Naturally occurring enzymes are incredibly efficient catalysts. They bind their substrates in a well-defined active site with precisely aligned catalytic residues to form highly active and selective catalysts, which can perform difficult chemical reactions under mild conditions. Because of their high selectivity, no naturally occurring enzymes exist for many important synthetic reactions. Hence, the design of stable enzymes with novel catalytic activities is of great practical interest with potential applications in biotechnology, biomedicine, and industrial processes. Further, the rational design of novel enzymes provides a stringent benchmark of our understanding of how enzymes work. In the past several years, there has been exciting progress in designing new biocatalysts for reactions that are catalyzed by naturally occurring enzymes.
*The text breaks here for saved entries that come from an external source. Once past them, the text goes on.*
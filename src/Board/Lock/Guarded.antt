-- ===== src/Board/Lock/Guarded.antt =====
-- src/board/lock.ts: the lock of a live process keeps newcomers out.
use pi_kiwifs_memory.Prelude.{
  ℕ, ◌+◌, ◌*◌, ◌≤◌, ◌≡◌, ◌≢◌, refl, true, false, Option, none, some, List, [], ◌∷◌, arith, All,
  Bool-cases, inl, inr, ◌==◌,
}
use pi_kiwifs_memory.Board.Lock.{
  LockFile, Phase, outside, opening, looking, breaking, aging, writing, owning, refused, World,
  Answer, LockStep, acts, dies, set_phase, holder_of, modified_of, is_dead, is_stale,
  open_exclusive, lock_stale_ms, act, lock_step, run_lock,
}

-- A process that has found nothing stale: whatever it read of a holder was `p`.
abbrev pub IsNewcomer : ℕ → Phase → Type 0
IsNewcomer p outside = Unit
IsNewcomer p (opening attempt) = Unit
IsNewcomer p (looking attempt) = Unit
IsNewcomer p (aging attempt pid) = pid ≡ some p
IsNewcomer p (refused pid) = Unit
IsNewcomer p (breaking attempt) = false ≡ true
IsNewcomer p (writing i) = false ≡ true
IsNewcomer p (owning i) = false ≡ true

-- The lock that `p` acquired at the time `t`, its pid written, and every other process a newcomer.
pub record IsGuarded (p i t : ℕ) (w : World) : Type 0 where
  pub owns : w.phase p ≡ owning i
  pub standing : w.file ≡ some (record { inode = i; holder = some p; modified = t })
  pub others : (q : ℕ) → q ≢ p → IsNewcomer p (w.phase q)

-- A step of another process, to which `p` is alive and the lock not older than twelve hours.
abbrev pub IsOutsider : ℕ → ℕ → LockStep → Type 0
IsOutsider p t (acts a q) = (q ≢ p) × (a.pid_alive p ≡ true) × (a.now ≤ t + 12 * 60 * 60 * 1000)
IsOutsider p t (dies q) = q ≢ p

module _ (p i t : ℕ) where
  set_phase-IsGuarded :
      (q : ℕ) (ph : Phase) (w : World)
      → q ≢ p
      → IsNewcomer p ph
      → IsGuarded p i t w
      → IsGuarded p i t (set_phase q ph w)
  unfolding set_phase
  set_phase-IsGuarded q ph w apart fits h =
      let other : (p == q) ≡ false = ground (arith, apart) in
      record {
        owns = simp other h.owns;
        standing = h.standing;
        others = λ r far. elim (Bool-cases (r == q)) [
          | inl same ↦ simp same fits
          | inr away ↦ simp away (h.others r far)
        ];
      }

  open_exclusive-IsGuarded :
      (a : Answer) (q attempt : ℕ) (w : World) (file : Option LockFile)
      → q ≢ p
      → w.file ≡ file
      → IsGuarded p i t w
      → IsGuarded p i t (open_exclusive a q attempt file w)
  unfolding open_exclusive
  open_exclusive-IsGuarded a q attempt w (some f) apart eq h =
      set_phase-IsGuarded q (looking attempt) w apart tt h
  open_exclusive-IsGuarded a q attempt w none apart eq h = cc (eq, h.standing)

  -- The verdict on a holder that is alive and young enough.
  not_stale :
      (a : Answer) (w : World)
      → a.pid_alive p ≡ true
      → a.now ≤ t + 12 * 60 * 60 * 1000
      → IsGuarded p i t w
      → is_stale a (some p) (modified_of w.file) ≡ false
  unfolding is_stale is_dead modified_of lock_stale_ms
  not_stale a w alive young h = simp (h.standing, alive) (ground (arith, young))

  act-IsGuarded :
      (a : Answer) (q : ℕ) (ph : Phase) (w : World)
      → IsOutsider p t (acts a q)
      → IsNewcomer p ph
      → IsGuarded p i t w
      → IsGuarded p i t (act a q ph w)
  unfolding act
  act-IsGuarded a q outside w (apart, alive, young) fits h =
      set_phase-IsGuarded q (opening 0) w apart tt h
  act-IsGuarded a q (opening attempt) w (apart, alive, young) fits h = elim (Bool-cases a.fails) [
    | inl failed ↦ simp failed (set_phase-IsGuarded q (refused none) w apart tt h)
    | inr works ↦ simp works (open_exclusive-IsGuarded a q attempt w w.file apart refl h)
  ]
  act-IsGuarded a q (looking attempt) w (apart, alive, young) fits h =
      set_phase-IsGuarded q (aging attempt (holder_of w.file)) w apart
        (unfold holder_of in simp h.standing refl) h
  act-IsGuarded a q (aging attempt pid) w (apart, alive, young) fits h =
      let verdict : is_stale a pid (modified_of w.file) ≡ false =
        simp fits (not_stale a w alive young h) in
      simp verdict (set_phase-IsGuarded q (refused pid) w apart tt h)
  act-IsGuarded a q (refused pid) w (apart, alive, young) fits h = h
  act-IsGuarded a q (breaking attempt) w (apart, alive, young) fits h = cc fits
  act-IsGuarded a q (writing j) w (apart, alive, young) fits h = cc fits
  act-IsGuarded a q (owning j) w (apart, alive, young) fits h = cc fits

  lock_step-IsGuarded :
      (step : LockStep) (w : World)
      → IsOutsider p t step
      → IsGuarded p i t w
      → IsGuarded p i t (lock_step step w)
  unfolding lock_step
  lock_step-IsGuarded (acts a q) w out h = act-IsGuarded a q (w.phase q) w out (h.others q out.0) h
  lock_step-IsGuarded (dies q) w apart h = set_phase-IsGuarded q outside w apart tt h

-- When a process owns the lock, its pid written, and every other process is before the start of the
-- acquisition, at its exclusive open, at the reading, at the verdict on that very pid, or refused,
-- then this stays so through any sequence of system calls and deaths of the others for which the
-- owner is alive and the lock not older than twelve hours: the file stays as it is, and no other
-- process ever breaks or owns the lock.
pub run_lock-IsGuarded :
    (p i t : ℕ) (steps : List LockStep) (w : World)
    → All (IsOutsider p t) steps
    → IsGuarded p i t w
    → IsGuarded p i t (run_lock steps w)
unfolding run_lock
run_lock-IsGuarded p i t [] w out h = h
run_lock-IsGuarded p i t (step ∷ steps) w out h =
    run_lock-IsGuarded p i t steps (lock_step step w) out.1
      (lock_step-IsGuarded p i t step w out.0 h)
In this talk, David Baker will review computational approaches to enzyme design, focusing in particular on the Rosetta Match algorithm (Zanghellini et al., Protein Science, 15:2785-2794, 2006). He will describe the computational design of twelve novel enzymes which utilize one of two different mechanisms to catalyze the Kemp elimination reaction (Hellfelder et al., J. Amer. Chem. Soc., 122:1022, 2000) with experimentally measured rate enhancements. Mutational analysis confirms that catalysis depends on the computationally designed active sites, and the high resolution crystal structure of one of the designs illustrates that the models have close to atomic accuracy. Application of in vitro evolution methodologies to enhance the computational designs produced more than a 100 fold increase in enzymatic activity. Both the crystal structure and the in vitro evolution results provide insight into routes for improving the computational design procedure. Taken together, the results demonstrate the power of the combination of computational protein design and molecular evolution for creating novel
enzymes, enabling the creation of a wide range of useful new catalysts using this combination in the years to come. Joint work with Daniela Grabs-Rothlisberger, University of Washington.